Corrected Effective Temperatures of the Planets and the Planets' Mean Surface Temperature Equation: Tmean = [ Φ (1-a) S (β*N*cp)¹∕ ⁴ /4σ ]¹∕ ⁴

Plus the introduction to the Reversed Milankovitch Cycle. Click above on the box for more

Mars, Phobos and Deimos Effective Temperatures comparison

Enhanced-color image of Phobos from the Mars Reconnaissance Orbiter with Stickney crater on the right

An enhanced-color image of Deimos (MRO, 21 February 2009).
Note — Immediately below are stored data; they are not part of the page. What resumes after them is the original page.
-- ===== src/Tests/Engine.antt =====
-- The schedule, the connections, the reader and the ticks of a worker on concrete inputs.
use correctness_bench.Common.{
  ℕ, ◌+◌, ◌*◌, get_elem?, ◌-◌, ◌/◌, ◌≤◌, ◌<◌, ◌≡◌, ◌↔◌, refl, true, false, ◌||◌, none, some, List,
  [], ◌∷◌, ◌++◌, map, arith, max, Bytes, zero, suc, length, codes, parse_u64, replicate, u64_add,
}
use correctness_bench.Float.Fixed.{Fixed, fixed_float}
use correctness_bench.Hist.{record_both}
use correctness_bench.Hist.Listed.{Listed, listed_hdr}
use correctness_bench.Sched.{
  new, slot, catch_up_next, usec_to_next_send, intended_send_time, advance, defer_origin,
}
use correctness_bench.Sched.Origin.{advance_by, intended-defer_origin}
use correctness_bench.Sched.Pacing.{Op, respond, schedule_at, run, PacesFrom, catch_up_pacing}
use correctness_bench.Worker.Assert.{Verdict, classify}
use correctness_bench.Worker.Assert.Tiers.{Explains, classify_iff}
use correctness_bench.Worker.Connection.{
  Shared, wait_for, latencies, count_verdict, sample_response,
}
use correctness_bench.Worker.Turn.{on_response, checked, turn}
use correctness_bench.Worker.Turn.Omission.{turn_omission}
use correctness_bench.Worker.Turn.Limits.{OnlyLimited, is_abort, on_response_429}
use correctness_bench.Worker.Run.{
  World, enters, turns, cancelled, Happening, happen, config_of, start, happen_all, report,
}
use correctness_bench.Worker.Run.Cancel.{level, in_flight, happen_all-cancelled}
use correctness_bench.Worker.Ticks.{seen}
use correctness_bench.Worker.Ticks.Deltas.{Column}
use mathlib.Core.Option
use correctness_bench.Worker.Run.Halt.{acts, steps_taken, rank, happen_all-rank}
use correctness_bench.Worker.Run.Books.{result, IsHonest, report-IsHonest}
use correctness_bench.Worker.Reader.{
  Head, HttpParser, Event, SocketRead, ParseOutcome, read_one_response, attempt, see_headers,
}
use correctness_bench.Worker.Reader.Framing.{
  Answers, FitsBuffer, received, LiesIn, read_one_response_total, read_one_response_ok,
  attempt_wraps,
}
use correctness_bench.Tests.Data.{
  rules, rl, cfg, conn, counters, shared, limited_response, a_turn, spec,
}
use correctness_bench.Worker.Connection.{ParsedResponse}

abbrev history : List Op
history = respond ∷ schedule_at 4000 ∷ respond ∷ []

second_slot : intended_send_time {F = Fixed} (run (new 0 1000) history) ≡ 2000
unfolding run new intended_send_time slot advance usec_to_next_send catch_up_next
second_slot = refl

catch_up_pacing_example : PacesFrom {F = Fixed} 1000 9000 (run (new 0 1000) history)
catch_up_pacing_example =
    catch_up_pacing 0 1000 history 9000 (omega arith) (omega (arith, second_slot))

intended-defer_origin_example :
    intended_send_time (advance_by 2 (defer_origin conn.sched 500))
    ≡ u64_add (intended_send_time (advance_by 2 conn.sched)) 500
intended-defer_origin_example = intended-defer_origin 2 conn.sched 500 (omega arith)

turn_omission_example :
    let lat = latencies (intended_send_time conn.sched) a_turn in
    ((turn cfg a_turn shared conn).0.histos ≡ record_both shared.histos lat.0 lat.1)
    × (lat.0 ≡ max (3_000_000 / 1000 - intended_send_time conn.sched) 1)
    × (lat.1 ≤ lat.0)
unfolding turn wait_for usec_to_next_send intended_send_time slot
turn_omission_example =
    turn_omission cfg a_turn shared conn 1_000_100 refl
      (record { spun = omega arith; checked = omega arith; sent = omega arith }) refl

classify_iff_example :
    (classify rules 200 2000 2 (some (116 ∷ [])) ≡ Verdict.fail_content_type)
    ↔ Explains rules 200 2000 2 (some (116 ∷ [])) Verdict.fail_content_type
classify_iff_example = classify_iff rules 200 2000 2 (some (116 ∷ [])) Verdict.fail_content_type

-- the second connection's turn is under way when the run is cancelled
abbrev interleaved : List Happening
interleaved =
    enters 0 ∷ enters 1 ∷ turns 0 a_turn ∷ cancelled ∷ turns 1 a_turn ∷ enters 0 ∷ enters 1 ∷ []

report-IsHonest_example :
    let w : World Fixed Listed =
      happen_all (config_of spec) (start spec (true ∷ true ∷ [])) interleaved in
    IsHonest w.shared.counters (report spec 5_000_000_000 w (map result w.tasks))
report-IsHonest_example = report-IsHonest spec (true ∷ true ∷ []) interleaved 5_000_000_000

abbrev two_tasks : World Fixed Listed
two_tasks = record {
  shared = shared;
  tasks =
      record { conn = conn; running = true; under_way = true }
      ∷ record { conn = conn; running = true; under_way = false }
      ∷ [];
}

happen_all-cancelled_example :
    let c = happen cfg two_tasks cancelled in
    let after = happen_all cfg c (enters 1 ∷ turns 0 a_turn ∷ enters 0 ∷ []) in
    (level Column.total two_tasks ≤ level Column.total after)
    × (level Column.total after + in_flight after.tasks
        ≤ level Column.total two_tasks + in_flight two_tasks.tasks)
    × (Option.map result (get_elem? after.tasks 1) ≡ some conn.res)
unfolding seen
happen_all-cancelled_example =
    happen_all-cancelled Column.total cfg two_tasks (enters 1 ∷ turns 0 a_turn ∷ enters 0 ∷ []) 1
      (record { conn = conn; running = true; under_way = false }) (omega arith) refl refl

-- the first task ends its turn, and both find the flag up
abbrev draining : List Happening
draining = enters 1 ∷ turns 0 a_turn ∷ enters 0 ∷ []

over : acts cfg (happen_all cfg (happen cfg two_tasks cancelled) draining) (enters 1) ≡ false
unfolding happen_all checked wait_for usec_to_next_send intended_send_time slot count_verdict
    classify sample_response
over = refl

happen_all-rank_example :
    let c = happen cfg two_tasks cancelled in
    let after = happen_all cfg c draining in
    (steps_taken cfg c draining + rank after.tasks ≤ rank two_tasks.tasks)
    × (rank two_tasks.tasks ≤ 2 * length two_tasks.tasks)
    × (happen cfg after (enters 1) ≡ after)
happen_all-rank_example = happen_all-rank cfg two_tasks draining (enters 1) over

on_response_429_example :
    let s = on_response cfg 1000 a_turn limited_response shared conn in
    OnlyLimited conn.res s.1.res × (s.0.counters.abort ≡ is_abort rl.action || false)
on_response_429_example = on_response_429 cfg 1000 a_turn limited_response shared conn refl

abbrev seen_once : Shared Fixed Listed
seen_once = record shared {
  counters = record counters { first_429_seen = true; first_429_rps_bits = 7 };
}

-- a parser for which a head is two bytes long
abbrev head_of : Bytes → Head
head_of (a ∷ b ∷ rest) = Head.complete 2 (some 204) []
head_of _ = Head.partial

abbrev two_bytes : HttpParser
two_bytes = record { parse = head_of }

abbrev one_by_one : List Event
one_by_one =
    record { expired = false; read = SocketRead.got (7 ∷ []) }
    ∷ record { expired = false; read = SocketRead.got (8 ∷ []) }
    ∷ []

abbrev no_content : ParsedResponse
no_content = record {
  msg_len = 2;
  status = 204;
  content_length = 0;
  content_type_lc = none;
  retry_after_ms = none;
}

read_one_response_ok_example :
    ((k : ℕ) × (7 ∷ 8 ∷ [] ≡ [] ++ received k one_by_one))
    × (attempt two_bytes (7 ∷ 8 ∷ []) ≡ ParseOutcome.complete no_content)
    × (2 ≤ length {A = ℕ} (7 ∷ 8 ∷ []))
    × LiesIn (two_bytes.parse (7 ∷ 8 ∷ [])) no_content (7 ∷ 8 ∷ [])
unfolding read_one_response
read_one_response_ok_example =
    read_one_response_ok two_bytes [] one_by_one no_content (7 ∷ 8 ∷ []) refl

-- a parser whose head says that 2 ^ 64 - 1 bytes follow
abbrev long_content : HttpParser
long_content = record {
  parse = λ buf.
      Head.complete 2 (some 200) ((codes "Content-Length", codes "18446744073709551615") ∷ []);
}

attempt_wraps_example :
    (parsed : ParsedResponse) × (attempt long_content (7 ∷ 8 ∷ []) ≡ ParseOutcome.complete parsed)
    × (parsed.msg_len < 2)
unfolding see_headers parse_u64
attempt_wraps_example =
    attempt_wraps long_content (7 ∷ 8 ∷ []) 2 (some 200)
      ((codes "Content-Length", codes "18446744073709551615") ∷ []) refl (ground arith)
      (omega arith) (ground arith) (ground arith)

abbrev no_data : Event
no_data = record { expired = false; read = SocketRead.failed }

length-replicate : (n : ℕ) → length (replicate n no_data) ≡ n
length-replicate zero = refl
length-replicate (suc n) = omega (arith, length-replicate n)

replicate-FitsBuffer : (n : ℕ) → FitsBuffer [] (replicate n no_data)
replicate-FitsBuffer zero = omega arith
replicate-FitsBuffer (suc n) = (omega arith, replicate-FitsBuffer n)

read_one_response_total_example :
    Answers (read_one_response two_bytes [] (replicate 65_537 no_data))
read_one_response_total_example =
    read_one_response_total two_bytes [] (replicate 65_537 no_data) (replicate-FitsBuffer 65_537)
      (omega (arith, length-replicate 65_537))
Image: NASA/JPL-Caltech/University of Arizona

Mars, Phobos and Deimos Mean Surface Temperatures comparison

3. Mars’ Mean Surface Temperature Calculation:

Te.mars

(1/R²) = (1/1,524²) = 1/2,32 Mars has 2,32 times less solar irradiation intensity than Earth has

Mars’ albedo: amars = 0,25

N = 0,9747 rotations/per day, Planet Mars completes one rotation around its axis in 24 hours 37 min 22 s.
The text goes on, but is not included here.